Regarding the selected two families of molecules, the anthracyclins and the tetracyclins, the number of identified molecules did not allow Structure Activity Relationship (SAR) studies. Rather, it is important to outline the accuracy of the IC50s of the primary screening, as well as the reproducibility of the IC50s regarding the calculated standard errors. With the exception of the anthracyclins, which have been described as potential intercalating molecules, it is not known at this stage if these compounds are indeed intercalating, denaturing, or low specificity agents having a mechanism of action suitable for advanced drug design. Preliminary testing in SARS-CoV-2 infected cells indicate that none of the compounds described here show significant antiviral activity (data not shown).

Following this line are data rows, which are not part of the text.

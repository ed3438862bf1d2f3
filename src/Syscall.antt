-- ===== src/Syscall.antt =====
-- nxkernel/kernel/syscall/syscall.c: the system calls, and their table.
pub mod State
pub mod Objects
pub mod Transfer
pub mod Slices
pub mod Reading
pub mod Rights
pub mod Seeking
mod Tests
use Prim.Native.Nat.{bit_or}
use nyxis_os.Base.{
  ℕ, zero, suc, ◌+◌, ◌-◌, ◌*◌, ◌/◌, ◌%◌, ◌^◌, Bool, true, false, not, ◌||◌, ◌&&◌, Option, none,
  some, List, [], ◌∷◌, ◌++◌, map, replicate, length, ltb, ◌==◌, if◌then◌else◌, get_or,
}
use nyxis_os.Base.Words.{page_size}
use nyxis_os.Base.Bytes.{bytes_of}
use nyxis_os.Base.Status.{
  Error, Result, ok, err, code, invalid_arg, unsupported, not_initialized, permission,
  syscall_failed,
}
use nyxis_os.Base.Effect.{Eff, after, ◌>>=◌, ◌>>◌, return, lift, fail_if, modify}
use nyxis_os.Handles.{nx_handles_count}
use nyxis_os.Process as P
use nyxis_os.Process.{Process}
use nyxis_os.Umem.{umem_brk}
use nyxis_os.Syscall.State.{Kernel, Calls, to_user, string_arg}
use nyxis_os.Syscall.Objects.{
  sys_open, sys_close, sys_seek, sys_stat, sys_duplicate_handle, to_i64, path_max,
}
use nyxis_os.Syscall.Transfer.{sys_read, sys_write, printable}

-- `NX_SLEEP_MAX_MS`, `NX_PID_SELF` and `SYSCALL_STRING_MAX`
abbrev pub sleep_max_ms : ℕ
sleep_max_ms = 3600000

abbrev pub pid_self : ℕ
pid_self = 0xffffffff

abbrev pub string_max : ℕ
string_max = 256

-- `process_t.state` as a number.
abbrev pub state_code : P.State → ℕ
state_code P.ready = 0
state_code P.running = 1
state_code P.blocked = 2
state_code P.terminated = 3

-- A call that comes back with a result, or the end of the process with its code.
pub data Reply : Type 0 where
  replied : Result ℕ → Reply
  exited : ℕ → Reply

module _ {M Fs : Type 0} (m : Calls M Fs) where
  pub sys_get_version : Eff (Kernel M Fs) ℕ
  sys_get_version = return (bit_or (2 ^ 32) (2 ^ 16))

  pub sys_get_time : ℕ → Eff (Kernel M Fs) ℕ
  sys_get_time clock = do fail_if (not (clock == 0)) unsupported; return m.timer_get_ns

  pub sys_sleep : ℕ → Eff (Kernel M Fs) ℕ
  sys_sleep ms = do
    fail_if (ltb sleep_max_ms ms) invalid_arg
    fail_if (m.timer_get_hz == 0) unsupported
    m.process_sleep_ticks ((ms * m.timer_get_hz + 999) / 1000)
    return 0

  pub sys_yield : Eff (Kernel M Fs) ℕ
  sys_yield k = (ok 0, m.schedule k)

  -- The bytes of a `struct nx_sysinfo`.
  pub sys_sysinfo : ℕ → Eff (Kernel M Fs) ℕ
  sys_sysinfo out = do
    to_user m out (
        bytes_of 4 1
        ++ (bytes_of 4 1
            ++ (bytes_of 4 page_size
                ++ (bytes_of 4 m.timer_get_hz
                    ++ (bytes_of 8 m.memory_size
                        ++ (bytes_of 8 m.timer_get_ns
                            ++ (bytes_of 4 m.process_count ++ replicate 12 0)))))))
    return 0

  pub sys_process_create : ℕ → Eff (Kernel M Fs) ℕ
  sys_process_create path_addr = do path ← string_arg m path_addr path_max; m.process_spawn path

  pub sys_virtual_alloc : ℕ → Eff (Kernel M Fs) ℕ
  sys_virtual_alloc increment k = elim k.current [
    | none ↦ (err not_initialized, k)
    | some p ↦
        let r = umem_brk m.pages p (to_i64 increment) k.mem in
        (r.0, record k { current = some r.1; mem = r.2 })
  ]

  -- The bytes of a `struct nx_procinfo`.
  abbrev pub info_bytes : Process → List ℕ
  info_bytes p =
      bytes_of 4 p.pid
      ++ (bytes_of 4 (state_code p.state)
          ++ (bytes_of 4 (nx_handles_count p.handles) ++ replicate 20 0))

  pub sys_process_info : ℕ → ℕ → Eff (Kernel M Fs) ℕ
  sys_process_info pid out k = elim k.current [
    | none ↦ (err not_initialized, k)
    | some self ↦
        (fail_if (not (pid == pid_self) && not (pid == self.pid)) permission
            >> (to_user m out (info_bytes self) >> return 0))
          k
  ]

  pub sys_kernel_print : ℕ → Eff (Kernel M Fs) ℕ
  unfolding printable
  sys_kernel_print addr = do
    text ← string_arg m addr string_max
    modify (λ k. record k { log = k.log ++ map printable text })
    return 0

  pub sys_debug_nop : Eff (Kernel M Fs) ℕ
  sys_debug_nop = return 0

-- A handler comes back, or ends the process with the code that it makes of its first argument.
pub data Handler (M Fs : Type 0) : Type 0 where
  returning : (ℕ → ℕ → ℕ → Eff (Kernel M Fs) ℕ) → Handler M Fs
  exiting : (ℕ → ℕ) → Handler M Fs

-- `sys_process_exit`
pub sys_process_exit : ℕ → ℕ
sys_process_exit exit_code = exit_code % 2 ^ 32

-- `g_syscalls`
pub g_syscalls : {M Fs : Type 0} → Calls M Fs → List (ℕ × Handler M Fs)
g_syscalls m =
    (2, returning (λ a b c. sys_get_version m))
    ∷ (3, returning (λ a b c. sys_get_time m a))
    ∷ (4, returning (λ a b c. sys_sleep m a))
    ∷ (5, returning (λ a b c. sys_yield m))
    ∷ (7, returning (λ a b c. sys_sysinfo m a))
    ∷ (32, returning (λ a b c. sys_open m a b))
    ∷ (33, returning (λ a b c. sys_close m a))
    ∷ (34, returning (λ a b c. sys_read m a b c))
    ∷ (35, returning (λ a b c. sys_write m a b c))
    ∷ (36, returning (λ a b c. sys_seek m a b c))
    ∷ (37, returning (λ a b c. sys_stat m a b))
    ∷ (41, returning (λ a b c. sys_duplicate_handle m a b))
    ∷ (64, returning (λ a b c. sys_process_create m a))
    ∷ (65, exiting sys_process_exit)
    ∷ (68, returning (λ a b c. sys_process_info m a b))
    ∷ (96, returning (λ a b c. sys_virtual_alloc m a))
    ∷ (771, returning (λ a b c. sys_kernel_print m a))
    ∷ (777, returning (λ a b c. sys_debug_nop m))
    ∷ []

module _ {M Fs : Type 0} where
  pub run_handler : Handler M Fs → ℕ → ℕ → ℕ → Kernel M Fs → Reply × Kernel M Fs
  run_handler (returning f) a b c k = let r = f a b c k in (replied r.0, r.1)
  run_handler (exiting f) a b c k = (exited (f a), k)

  -- The loop of `syscall_dispatch`.
  pub dispatch_in : List (ℕ × Handler M Fs) → ℕ → ℕ → ℕ → ℕ → Kernel M Fs → Reply × Kernel M Fs
  unfolding run_handler
  dispatch_in [] nr a b c k = (replied (err syscall_failed), k)
  dispatch_in ((n, h) ∷ rest) nr a b c k =
      if n == nr then run_handler h a b c k else dispatch_in rest nr a b c k

-- The handlers read three of the six arguments.
pub syscall_dispatch :
    {M Fs : Type 0} → Calls M Fs → ℕ → ℕ → ℕ → ℕ → Kernel M Fs → Reply × Kernel M Fs
unfolding dispatch_in g_syscalls
syscall_dispatch m nr a b c k = dispatch_in (g_syscalls m) nr a b c k

-- The fields of `struct trap_frame` that a system call uses.
pub record Frame : Type 0 where
  pub rax : ℕ
  pub rdi : ℕ
  pub rsi : ℕ
  pub rdx : ℕ

-- The i64 of a result as a u64: a status is sign-extended.
pub rax_of : Result ℕ → ℕ
rax_of (ok n) = n
rax_of (err e) = 2 ^ 64 - 2 ^ 31 + code e

-- The frame is left by the caller that comes back.
pub end_of_call : {M Fs : Type 0} → Frame → Reply × Kernel M Fs → Option Frame × Kernel M Fs
unfolding rax_of
end_of_call frame (replied r, k) = (some (record frame { rax = rax_of r }), k)
end_of_call frame (exited n, k) = (none, k)

pub syscall_handle : {M Fs : Type 0} → Calls M Fs → Frame → Kernel M Fs → Option Frame × Kernel M Fs
unfolding end_of_call
syscall_handle m frame k =
    end_of_call frame (syscall_dispatch m frame.rax frame.rdi frame.rsi frame.rdx k)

In summary, this work, to the best of our knowledge, is the first description of a robust HTS assay based on a SARS-CoV RTC. It provides a new strategy for the rapid identification of potential anti-SARS inhibitors. The next steps already under development include increasing the output by scaling up the assay to 384 and potentially 1536 wells plates. Furthermore, the screening of large chemical libraries derived from innovative approaches as virtual screenings or Protein Protein Interaction inhibitors (iPPI) will broaden the scope of potential antivirals and constitute a key step to speed up these objectives. Identification of candidate anti-coronavirus drugs, based on a diversity of chemical libraries, should expedite drug discovery and design, and constitute an invaluable help to confirm the target of hits identified during cell-based or phenotypic screens.
Acknowledgements
This work was supported by the Fondation pour la Recherche Médicale (Aide aux équipes), the SCORE project H2020 SC1-PHE-Coronavirus-2020 (grant#101003627), Inserm through the REACTing initiative (REsearch and ACTion targeting emerging infectious diseases), and the ANR-Flash-COVID (ANR-20-COVI-0047-01, TAMAC), supported by the Fondation de France. We thank ML Jung, E. Decroly for helpful comments.